Dataset extract »
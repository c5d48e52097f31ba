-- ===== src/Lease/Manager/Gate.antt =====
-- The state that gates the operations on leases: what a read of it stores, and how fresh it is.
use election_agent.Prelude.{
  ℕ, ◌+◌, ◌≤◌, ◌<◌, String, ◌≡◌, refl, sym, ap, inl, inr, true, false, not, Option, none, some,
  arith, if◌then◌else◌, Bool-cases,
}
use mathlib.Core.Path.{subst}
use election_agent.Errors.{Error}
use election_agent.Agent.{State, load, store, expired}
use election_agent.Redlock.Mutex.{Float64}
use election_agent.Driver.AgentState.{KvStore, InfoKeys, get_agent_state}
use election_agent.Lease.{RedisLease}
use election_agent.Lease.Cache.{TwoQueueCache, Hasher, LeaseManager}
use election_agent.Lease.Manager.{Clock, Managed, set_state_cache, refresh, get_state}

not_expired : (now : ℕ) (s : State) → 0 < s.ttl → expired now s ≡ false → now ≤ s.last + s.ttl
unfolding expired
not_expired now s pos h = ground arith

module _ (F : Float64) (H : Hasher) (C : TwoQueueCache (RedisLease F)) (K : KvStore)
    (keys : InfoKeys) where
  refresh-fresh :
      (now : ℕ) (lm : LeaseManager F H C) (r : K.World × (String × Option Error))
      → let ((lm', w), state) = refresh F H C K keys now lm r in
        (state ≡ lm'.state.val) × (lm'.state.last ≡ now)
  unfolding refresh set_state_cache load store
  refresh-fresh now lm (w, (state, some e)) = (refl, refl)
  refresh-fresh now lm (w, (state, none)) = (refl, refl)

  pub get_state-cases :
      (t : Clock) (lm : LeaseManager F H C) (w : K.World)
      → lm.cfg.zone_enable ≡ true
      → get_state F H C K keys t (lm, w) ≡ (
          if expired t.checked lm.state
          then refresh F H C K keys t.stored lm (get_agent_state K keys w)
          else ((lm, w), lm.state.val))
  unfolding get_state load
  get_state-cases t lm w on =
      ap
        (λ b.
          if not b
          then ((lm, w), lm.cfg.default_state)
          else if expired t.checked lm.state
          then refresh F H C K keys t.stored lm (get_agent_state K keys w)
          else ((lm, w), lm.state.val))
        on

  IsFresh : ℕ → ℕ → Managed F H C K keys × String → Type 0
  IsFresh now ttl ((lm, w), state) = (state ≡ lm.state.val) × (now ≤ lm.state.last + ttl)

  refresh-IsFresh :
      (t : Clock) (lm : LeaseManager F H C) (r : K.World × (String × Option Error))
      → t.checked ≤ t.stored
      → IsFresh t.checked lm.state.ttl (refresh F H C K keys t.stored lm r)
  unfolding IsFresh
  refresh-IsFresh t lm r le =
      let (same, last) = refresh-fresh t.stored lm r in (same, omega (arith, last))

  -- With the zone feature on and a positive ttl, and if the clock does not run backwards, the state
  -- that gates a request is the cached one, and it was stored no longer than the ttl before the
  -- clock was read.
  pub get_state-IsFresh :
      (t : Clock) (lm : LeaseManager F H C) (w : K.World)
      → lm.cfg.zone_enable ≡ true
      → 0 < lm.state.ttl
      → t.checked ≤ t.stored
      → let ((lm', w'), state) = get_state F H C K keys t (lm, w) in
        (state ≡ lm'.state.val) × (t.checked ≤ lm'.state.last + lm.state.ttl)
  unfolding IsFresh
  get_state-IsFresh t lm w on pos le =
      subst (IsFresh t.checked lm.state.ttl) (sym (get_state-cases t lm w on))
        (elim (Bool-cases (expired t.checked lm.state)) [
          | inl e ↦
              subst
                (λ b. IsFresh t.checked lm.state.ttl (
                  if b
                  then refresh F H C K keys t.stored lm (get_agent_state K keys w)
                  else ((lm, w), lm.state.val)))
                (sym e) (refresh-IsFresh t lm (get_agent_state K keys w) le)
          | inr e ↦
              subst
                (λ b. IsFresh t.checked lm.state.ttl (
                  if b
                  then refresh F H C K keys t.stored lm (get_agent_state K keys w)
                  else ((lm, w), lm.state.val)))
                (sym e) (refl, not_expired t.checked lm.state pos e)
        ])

...

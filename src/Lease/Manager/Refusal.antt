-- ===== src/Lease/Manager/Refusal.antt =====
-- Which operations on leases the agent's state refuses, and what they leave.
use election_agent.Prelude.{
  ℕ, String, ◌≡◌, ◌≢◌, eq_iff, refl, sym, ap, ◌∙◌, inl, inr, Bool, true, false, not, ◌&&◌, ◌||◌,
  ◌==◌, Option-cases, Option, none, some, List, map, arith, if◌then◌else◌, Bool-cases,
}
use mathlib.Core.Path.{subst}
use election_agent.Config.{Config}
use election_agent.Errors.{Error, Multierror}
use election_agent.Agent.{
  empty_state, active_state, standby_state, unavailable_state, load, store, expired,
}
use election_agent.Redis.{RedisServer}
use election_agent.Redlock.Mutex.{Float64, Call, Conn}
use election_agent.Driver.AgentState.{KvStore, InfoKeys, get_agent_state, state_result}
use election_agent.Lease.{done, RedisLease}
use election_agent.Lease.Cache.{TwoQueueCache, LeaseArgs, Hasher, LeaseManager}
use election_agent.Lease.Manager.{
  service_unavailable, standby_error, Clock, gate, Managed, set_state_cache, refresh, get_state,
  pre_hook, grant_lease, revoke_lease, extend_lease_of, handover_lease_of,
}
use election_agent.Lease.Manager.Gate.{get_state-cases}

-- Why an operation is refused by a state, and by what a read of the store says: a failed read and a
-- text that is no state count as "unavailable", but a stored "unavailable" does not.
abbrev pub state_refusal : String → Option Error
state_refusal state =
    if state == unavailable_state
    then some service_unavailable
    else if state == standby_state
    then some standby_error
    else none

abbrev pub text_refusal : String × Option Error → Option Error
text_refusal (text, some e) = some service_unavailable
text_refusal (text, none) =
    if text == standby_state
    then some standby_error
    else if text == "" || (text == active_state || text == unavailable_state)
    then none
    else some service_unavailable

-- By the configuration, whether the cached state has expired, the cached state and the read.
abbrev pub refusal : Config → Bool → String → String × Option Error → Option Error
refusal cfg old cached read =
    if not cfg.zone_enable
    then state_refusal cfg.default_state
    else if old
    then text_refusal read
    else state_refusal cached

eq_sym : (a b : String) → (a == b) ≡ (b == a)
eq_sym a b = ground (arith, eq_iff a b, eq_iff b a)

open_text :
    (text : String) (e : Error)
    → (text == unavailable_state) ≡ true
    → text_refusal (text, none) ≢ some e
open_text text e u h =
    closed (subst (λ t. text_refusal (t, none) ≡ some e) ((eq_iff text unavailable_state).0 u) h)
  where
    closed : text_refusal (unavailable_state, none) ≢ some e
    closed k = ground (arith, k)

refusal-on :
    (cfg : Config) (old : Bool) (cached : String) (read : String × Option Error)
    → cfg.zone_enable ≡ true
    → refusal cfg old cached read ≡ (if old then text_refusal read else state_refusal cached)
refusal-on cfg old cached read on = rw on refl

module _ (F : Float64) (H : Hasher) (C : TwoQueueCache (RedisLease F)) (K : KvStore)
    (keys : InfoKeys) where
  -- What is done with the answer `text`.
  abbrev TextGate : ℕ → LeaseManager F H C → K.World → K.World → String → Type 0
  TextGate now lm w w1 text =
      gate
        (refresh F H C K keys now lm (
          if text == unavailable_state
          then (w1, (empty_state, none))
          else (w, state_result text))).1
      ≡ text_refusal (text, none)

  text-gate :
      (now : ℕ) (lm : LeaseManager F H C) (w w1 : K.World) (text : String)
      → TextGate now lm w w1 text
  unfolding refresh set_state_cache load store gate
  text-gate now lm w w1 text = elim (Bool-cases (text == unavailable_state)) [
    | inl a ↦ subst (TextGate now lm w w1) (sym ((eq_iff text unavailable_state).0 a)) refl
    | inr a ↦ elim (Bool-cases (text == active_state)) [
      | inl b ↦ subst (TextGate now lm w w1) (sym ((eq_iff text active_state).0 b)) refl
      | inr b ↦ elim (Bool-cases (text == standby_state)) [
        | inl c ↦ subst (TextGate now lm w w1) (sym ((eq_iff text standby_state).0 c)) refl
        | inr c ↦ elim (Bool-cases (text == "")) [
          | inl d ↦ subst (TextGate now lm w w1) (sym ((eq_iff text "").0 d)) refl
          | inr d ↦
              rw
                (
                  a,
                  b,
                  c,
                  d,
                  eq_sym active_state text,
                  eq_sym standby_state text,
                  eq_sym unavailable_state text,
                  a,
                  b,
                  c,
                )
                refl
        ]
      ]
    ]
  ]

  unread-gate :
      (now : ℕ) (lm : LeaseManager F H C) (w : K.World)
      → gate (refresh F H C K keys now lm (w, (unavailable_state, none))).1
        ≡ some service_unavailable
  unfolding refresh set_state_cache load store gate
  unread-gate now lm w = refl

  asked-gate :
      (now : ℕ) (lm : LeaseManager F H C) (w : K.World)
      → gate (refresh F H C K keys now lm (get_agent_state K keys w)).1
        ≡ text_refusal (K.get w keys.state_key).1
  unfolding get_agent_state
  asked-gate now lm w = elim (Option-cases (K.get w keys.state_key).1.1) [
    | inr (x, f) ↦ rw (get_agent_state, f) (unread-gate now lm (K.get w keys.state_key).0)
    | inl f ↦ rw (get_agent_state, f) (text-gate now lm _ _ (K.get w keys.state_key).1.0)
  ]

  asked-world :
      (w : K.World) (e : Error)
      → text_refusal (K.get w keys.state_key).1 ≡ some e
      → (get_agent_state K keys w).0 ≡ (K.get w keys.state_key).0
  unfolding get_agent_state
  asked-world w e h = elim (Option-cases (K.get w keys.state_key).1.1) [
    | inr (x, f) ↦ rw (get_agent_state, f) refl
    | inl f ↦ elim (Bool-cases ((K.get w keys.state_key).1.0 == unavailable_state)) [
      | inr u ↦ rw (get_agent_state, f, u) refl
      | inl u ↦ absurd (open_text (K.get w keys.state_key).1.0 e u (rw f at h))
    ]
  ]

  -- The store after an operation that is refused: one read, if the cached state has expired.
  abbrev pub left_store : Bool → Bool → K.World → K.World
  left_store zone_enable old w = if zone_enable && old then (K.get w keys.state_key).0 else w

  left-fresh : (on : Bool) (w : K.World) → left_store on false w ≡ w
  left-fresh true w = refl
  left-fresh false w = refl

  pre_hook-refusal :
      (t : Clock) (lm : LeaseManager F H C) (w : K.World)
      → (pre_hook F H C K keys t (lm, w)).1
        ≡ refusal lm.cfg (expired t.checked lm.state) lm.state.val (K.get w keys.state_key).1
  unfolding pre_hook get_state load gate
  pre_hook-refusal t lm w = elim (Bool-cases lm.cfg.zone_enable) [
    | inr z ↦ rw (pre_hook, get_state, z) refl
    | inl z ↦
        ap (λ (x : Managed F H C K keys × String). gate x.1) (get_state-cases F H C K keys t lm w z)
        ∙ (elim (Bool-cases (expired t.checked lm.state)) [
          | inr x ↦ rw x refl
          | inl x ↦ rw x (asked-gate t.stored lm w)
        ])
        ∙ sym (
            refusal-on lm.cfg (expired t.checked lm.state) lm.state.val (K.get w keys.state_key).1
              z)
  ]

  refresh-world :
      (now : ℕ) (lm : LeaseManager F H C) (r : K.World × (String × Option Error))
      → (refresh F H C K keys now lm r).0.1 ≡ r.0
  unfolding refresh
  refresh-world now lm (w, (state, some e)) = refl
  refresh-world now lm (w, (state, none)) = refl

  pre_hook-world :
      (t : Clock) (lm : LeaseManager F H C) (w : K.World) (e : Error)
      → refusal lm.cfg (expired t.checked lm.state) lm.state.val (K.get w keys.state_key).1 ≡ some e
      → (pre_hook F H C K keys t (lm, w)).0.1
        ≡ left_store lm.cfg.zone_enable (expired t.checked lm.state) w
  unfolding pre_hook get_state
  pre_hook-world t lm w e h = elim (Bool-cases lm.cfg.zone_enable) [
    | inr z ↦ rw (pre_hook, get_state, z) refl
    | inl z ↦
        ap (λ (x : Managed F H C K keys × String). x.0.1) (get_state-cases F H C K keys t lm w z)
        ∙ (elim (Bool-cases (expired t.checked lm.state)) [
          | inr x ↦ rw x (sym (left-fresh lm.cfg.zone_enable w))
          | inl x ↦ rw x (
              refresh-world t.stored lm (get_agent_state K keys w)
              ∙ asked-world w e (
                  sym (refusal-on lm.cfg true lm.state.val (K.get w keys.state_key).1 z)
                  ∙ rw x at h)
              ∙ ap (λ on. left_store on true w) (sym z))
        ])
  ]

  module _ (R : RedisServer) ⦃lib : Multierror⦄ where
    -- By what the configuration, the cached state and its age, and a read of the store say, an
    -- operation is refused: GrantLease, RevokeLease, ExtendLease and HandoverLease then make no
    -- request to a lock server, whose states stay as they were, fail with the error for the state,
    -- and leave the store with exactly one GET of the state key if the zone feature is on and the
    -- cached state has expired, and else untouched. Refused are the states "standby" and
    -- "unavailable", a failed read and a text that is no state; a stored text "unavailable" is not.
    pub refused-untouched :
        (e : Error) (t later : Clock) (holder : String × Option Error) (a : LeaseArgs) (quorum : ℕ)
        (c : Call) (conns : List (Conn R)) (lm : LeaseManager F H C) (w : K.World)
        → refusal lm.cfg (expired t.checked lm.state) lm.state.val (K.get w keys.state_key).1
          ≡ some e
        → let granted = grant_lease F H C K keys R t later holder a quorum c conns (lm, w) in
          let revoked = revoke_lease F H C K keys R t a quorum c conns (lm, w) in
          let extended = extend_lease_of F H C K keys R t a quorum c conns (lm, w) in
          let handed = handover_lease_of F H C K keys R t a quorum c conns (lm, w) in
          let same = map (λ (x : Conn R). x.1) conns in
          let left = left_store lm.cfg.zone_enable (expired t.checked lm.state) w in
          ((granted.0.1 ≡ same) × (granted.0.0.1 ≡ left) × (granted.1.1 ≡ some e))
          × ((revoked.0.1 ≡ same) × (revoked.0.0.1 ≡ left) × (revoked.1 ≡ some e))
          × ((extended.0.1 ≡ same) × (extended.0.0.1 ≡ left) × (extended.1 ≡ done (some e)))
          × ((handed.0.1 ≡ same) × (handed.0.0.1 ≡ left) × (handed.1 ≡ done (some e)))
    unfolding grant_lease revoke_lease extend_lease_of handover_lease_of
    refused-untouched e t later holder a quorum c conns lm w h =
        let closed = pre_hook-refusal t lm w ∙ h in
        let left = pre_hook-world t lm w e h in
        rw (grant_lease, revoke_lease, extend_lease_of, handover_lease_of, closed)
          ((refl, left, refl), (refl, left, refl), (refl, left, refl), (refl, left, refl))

Task statement »
Please copy, exactly as written, every line in the listing above from the line with "a text that" up to and including the line with "holder a quorum c conns (lm, w) in".

Written response »
    -- "unavailable", a failed read and a text that is no state; a stored text "unavailable" is not.
    pub refused-untouched :
        (e : Error) (t later : Clock) (holder : String × Option Error) (a : LeaseArgs) (quorum : ℕ)
        (c : Call) (conns : List (Conn R)) (lm : LeaseManager F H C) (w : K.World)
        → refusal lm.cfg (expired t.checked lm.state) lm.state.val (K.get w keys.state_key).1
          ≡ some e
        → let granted = grant_lease F H C K keys R t later holder a quorum c conns (lm, w) in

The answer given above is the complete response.